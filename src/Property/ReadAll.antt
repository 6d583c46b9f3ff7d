-- ===== src/Property/ReadAll.antt =====
-- `property__read_all`: what it accepts, and that it answers on every packet.
use dimq.Property.Lists.{Properties, parse_properties-ok}
use dimq.Property.Total.{done-ne-fault, parse_properties-ne-fault, chain-ne-fault}
use dimq.Prelude.{
  length-append, ◌∙◌, ap, subst, refl, ◌^◌, length, ℕ, suc, ◌<◌, ◌≡◌, ◌≢◌, List, [], ◌∷◌, ◌++◌,
  arith,
}
use dimq.Packet.Safe.{Agrees-same, Agrees-ok_inv, parse_varint-ne-fault, Agrees-ne-fault, chain-ok}
use dimq.Utf8.Sound.{AllBytes-append, AllBytes}
use dimq.Property.Format.{format_properties, AllFit, Fits}
use dimq.Packet.Laws.{parse_varint_canonical}
use dimq.Result.{err, success, ok, Status, Result, fault}
use dimq.Packet.Read.{return-Refines, read_varint-Refines}
use dimq.Packet.Format.{format_varint, parse_varint}
use dimq.Packet.Basic.{length-unread}
use dimq.Property.Parse.{read_properties-Refines, done, parse_properties}
use dimq.Property.Check.{
  check_all, check_value, check_command, check_duplicate, check_i8, check_i16, check_i32,
}
use dimq.Property.Kinds.{
  Property, Value, none_set, i8, i16, i32, varint, bin, str, read_kind, byte, two_bytes, four_bytes,
}
use dimq.Property.{read_all, read_properties, lift}
use dimq.Packet.{M, Packet, Heap, read_varint, return, ◌>>=◌, ◌>>◌}
use dimq.Packet.Parse.{Parse, Refines, IsReadable, unread, chain, Agrees, Refines-bind}

check_i8-ne-fault : (v : Value) (name : List ℕ) → Fits byte v name → check_i8 v ≢ fault
check_i8-ne-fault none_set name f e = f
check_i8-ne-fault (i8 v) name f e = ground arith
check_i8-ne-fault (i16 v) name f e = f
check_i8-ne-fault (i32 v) name f e = f
check_i8-ne-fault (varint v) name f e = f
check_i8-ne-fault (bin v) name f e = f
check_i8-ne-fault (str v) name f e = f

check_i16-ne-fault : (v : Value) (name : List ℕ) → Fits two_bytes v name → check_i16 v ≢ fault
check_i16-ne-fault none_set name f e = f
check_i16-ne-fault (i8 v) name f e = f
check_i16-ne-fault (i16 v) name f e = ground arith
check_i16-ne-fault (i32 v) name f e = f
check_i16-ne-fault (varint v) name f e = f
check_i16-ne-fault (bin v) name f e = f
check_i16-ne-fault (str v) name f e = f

check_i32-ne-fault : (v : Value) (name : List ℕ) → Fits four_bytes v name → check_i32 v ≢ fault
check_i32-ne-fault none_set name f e = f
check_i32-ne-fault (i8 v) name f e = f
check_i32-ne-fault (i16 v) name f e = f
check_i32-ne-fault (i32 v) name f e = ground arith
check_i32-ne-fault (varint v) name f e = f
check_i32-ne-fault (bin v) name f e = f
check_i32-ne-fault (str v) name f e = f

check_value-ne-fault :
    (p : Property) → Fits (read_kind p.identifier) p.value p.name → check_value p ≢ fault
unfolding check_value read_kind
check_value-ne-fault p f e = ground (
  arith,
  check_i8-ne-fault p.value p.name,
  check_i16-ne-fault p.value p.name,
  check_i32-ne-fault p.value p.name,
)

check_command-ne-fault : (c n : ℕ) → check_command c n ≢ fault
unfolding check_command
check_command-ne-fault c n e = ground arith

check_duplicate-ne-fault : (p : Property) (ps : List Property) → check_duplicate p ps ≢ fault
check_duplicate-ne-fault p ps e = ground arith

-- The checks on a list whose values are the members that the identifiers ask for read no other.
pub check_all-ne-fault :
    (command : ℕ) (ps : List Property) → AllFit ps → check_all command ps ≢ fault
unfolding check_all
check_all-ne-fault command [] f e = cc
check_all-ne-fault command (p ∷ ps) f e = ground (
  arith,
  check_value-ne-fault p f.0,
  check_command-ne-fault command p.identifier,
  check_duplicate-ne-fault p ps,
  check_all-ne-fault command ps f.1,
)

abbrev pub parse_check : Status → Parse (Unit {0})
parse_check (ok u) bs h = ok (u, bs, h)
parse_check (err e) bs h = err e
parse_check fault bs h = fault

lift-Refines : (code : Status) → Refines (lift code) (parse_check code)
lift-Refines (ok u) p r = return-Refines u p r
lift-Refines (err e) p r = refl
lift-Refines fault p r = tt

abbrev pub read_list : ℕ → ℕ → ℕ → M (List Property)
read_list fuel command proplen = do
  props ← read_properties fuel proplen
  lift (check_all command props)
  return props

abbrev pub parse_list : ℕ → ℕ → ℕ → Parse (List Property)
parse_list fuel command proplen =
    chain (parse_properties fuel proplen)
      λ props. chain (parse_check (check_all command props)) λ _. done props

abbrev pub parse_all : ℕ → ℕ → Parse (List Property)
parse_all fuel command = chain parse_varint λ (proplen, count). parse_list fuel command proplen

read_list-Refines :
    (fuel command proplen : ℕ)
    → Refines (read_list fuel command proplen) (parse_list fuel command proplen)
read_list-Refines fuel command proplen =
    Refines-bind (read_properties fuel proplen) (parse_properties fuel proplen) _ _
      (read_properties-Refines fuel proplen)
      λ props.
        Refines-bind (lift (check_all command props)) (parse_check (check_all command props)) _ _
          (lift-Refines (check_all command props)) λ _. return-Refines props

pub read_all-Agrees :
    (command : ℕ) (p : Packet)
    → IsReadable p
    → Agrees p (read_all command p) (parse_all (suc p.remaining_length) command (unread p) p.heap)
unfolding read_all
read_all-Agrees command p r =
    Refines-bind read_varint parse_varint
      (λ (proplen, count). read_list (suc p.remaining_length) command proplen) _ read_varint-Refines
      (λ (proplen, count). read_list-Refines (suc p.remaining_length) command proplen) p r

-- What `property__read_all` has taken and returned.
pub record Accepted (command : ℕ) (bs : List ℕ) (props : List Property) (rest : List ℕ)
    : Type 0 where
  pub fit : AllFit props
  pub checked : check_all command props ≡ success
  pub taken :
      bs ≡ format_varint (length (format_properties props)) ++ (format_properties props ++ rest)
  pub small : length (format_properties props) < 2 ^ 28

abbrev AcceptedOf : ℕ → List ℕ → Result (List Property × List ℕ × Heap) → Type 0
AcceptedOf command bs (ok (props, rest, g)) = Accepted command bs props rest
AcceptedOf command bs (err e) = ⊥
AcceptedOf command bs fault = ⊥

parse_check-ok :
    (code : Status) (bs : List ℕ) (h : Heap) (u : Unit {0}) (r : List ℕ) (g : Heap)
    → parse_check code bs h ≡ ok (u, r, g)
    → (code ≡ success) × (bs ≡ r)
parse_check-ok (ok tt) bs h u r g e = ground arith
parse_check-ok (err x) bs h u r g e = cc
parse_check-ok fault bs h u r g e = cc

parse_check-ne-fault :
    (code : Status) (bs : List ℕ) (h : Heap) → code ≢ fault → parse_check code bs h ≢ fault
parse_check-ne-fault (ok tt) bs h n e = cc
parse_check-ne-fault (err x) bs h n e = cc
parse_check-ne-fault fault bs h n e = n refl

accept :
    (command len : ℕ) (bs r0 r1 : List ℕ) (ps : List Property)
    → bs ≡ format_varint len ++ r0
    → len < 2 ^ 28
    → Properties len r0 ps r1
    → check_all command ps ≡ success
    → Accepted command bs ps r1
accept command len bs r0 r1 ps split small out good = record {
  fit = out.fit;
  checked = good;
  taken =
      split
      ∙ ap (λ n. format_varint n ++ r0) out.measured
      ∙ ap (λ u. format_varint (length (format_properties ps)) ++ u) out.taken;
  small = subst (λ n. n < 2 ^ 28) out.measured small;
}

module _ (fuel command : ℕ) (bs : List ℕ) (h : Heap) (short : length bs < 2 ^ 31)
    (b : AllBytes bs) where
  parse_all-ok :
      (props : List Property) (rest : List ℕ) (g : Heap)
      → parse_all fuel command bs h ≡ ok (props, rest, g)
      → Accepted command bs props rest
  parse_all-ok props rest g e =
      let (((len, count), r0, k0), p0, q0) = chain-ok parse_varint _ bs h (props, rest, g) e in
      let (small, split, _, _) = parse_varint_canonical h k0 len count r0 bs b p0 in
      let b0 = AllBytes-append (format_varint len) r0 (subst AllBytes split b) in
      let size = ap length split ∙ length-append (format_varint len) r0 in
      let ((ps, r1, k1), p1, q1) =
        chain-ok (parse_properties fuel len) _ r0 k0 (props, rest, g) q0 in
      let out =
        parse_properties-ok fuel len r0 k0 ps r1 k1 (omega arith) (omega (arith, short, size)) b0
          p1 in
      let ((u, r2, k2), p2, q2) =
        chain-ok (parse_check (check_all command ps)) _ r1 k1 (props, rest, g) q1 in
      let (good, same) = parse_check-ok (check_all command ps) r1 k1 u r2 k2 p2 in
      subst (AcceptedOf command bs) q2
        (accept command len bs r0 r2 ps split small (subst (Properties len r0 ps) same out) good)

  parse_all-ne-fault : length bs < fuel → parse_all fuel command bs h ≢ fault
  parse_all-ne-fault enough =
      chain-ne-fault parse_varint _ bs h (parse_varint-ne-fault bs h) λ ((len, count), r0, k0) p0.
        let (small, split, _, _) = parse_varint_canonical h k0 len count r0 bs b p0 in
        let b0 = AllBytes-append (format_varint len) r0 (subst AllBytes split b) in
        let size = ap length split ∙ length-append (format_varint len) r0 in
        let short0 : length r0 < 2 ^ 31 = omega (arith, short, size) in
        chain-ne-fault (parse_properties fuel len) _ r0 k0
          (parse_properties-ne-fault fuel len r0 k0 (omega arith) short0
            (omega (arith, enough, size)) b0)
          λ (ps, r1, k1) p1.
            let out = parse_properties-ok fuel len r0 k0 ps r1 k1 (omega arith) short0 b0 p1 in
            chain-ne-fault (parse_check (check_all command ps)) _ r1 k1
              (parse_check-ne-fault (check_all command ps) r1 k1
                (check_all-ne-fault command ps out.fit))
              λ y _. done-ne-fault {A = List Property} _ y.1 y.2

-- On every readable packet of bytes `property__read_all` ends and touches nothing outside of the
-- packet. Properties that it returns fit their identifiers and pass `dimq_property_check_all` for
-- the command, and the bytes it took are the property length and the properties, in the one form
-- that the standard gives them.
pub read_all_sound :
    (command : ℕ) (p : Packet)
    → IsReadable p
    → AllBytes (unread p)
    → ((read_all command p).0 ≢ fault)
      × ((props : List Property) (q : Packet)
          → read_all command p ≡ (ok props, q)
          → Accepted command (unread p) props (unread q) × (q.payload ≡ p.payload))
read_all_sound command p r b =
    let g = read_all-Agrees command p r in
    let size = length-unread p r in
    let short : length (unread p) < 2 ^ 31 = omega (arith, r.sized, size) in
    let y = parse_all (suc p.remaining_length) command (unread p) p.heap in
    let n : y ≢ fault =
      parse_all-ne-fault (suc p.remaining_length) command (unread p) p.heap short b
        (omega (arith, size)) in
    (
      Agrees-ne-fault p (read_all command p) _ g n,
      λ props q e.
          let g' = subst (λ x. Agrees p x y) e g in
          (
            parse_all-ok (suc p.remaining_length) command (unread p) p.heap short b props (unread q)
                q.heap (Agrees-ok_inv p q props y g' n),
            (Agrees-same p q props y g' n).same_payload,
          ),
    )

§ **WHAT TO WORK ON**:
What is needed is an exact copy of the lines from the one containing "let n : y ≢" through the last line of the records above, both included.

§ **OUTPUT BELOW**:
    let n : y ≢ fault =
      parse_all-ne-fault (suc p.remaining_length) command (unread p) p.heap short b
        (omega (arith, size)) in
    (
      Agrees-ne-fault p (read_all command p) _ g n,
      λ props q e.
          let g' = subst (λ x. Agrees p x y) e g in
          (
            parse_all-ok (suc p.remaining_length) command (unread p) p.heap short b props (unread q)
                q.heap (Agrees-ok_inv p q props y g' n),
            (Agrees-same p q props y g' n).same_payload,
          ),
    )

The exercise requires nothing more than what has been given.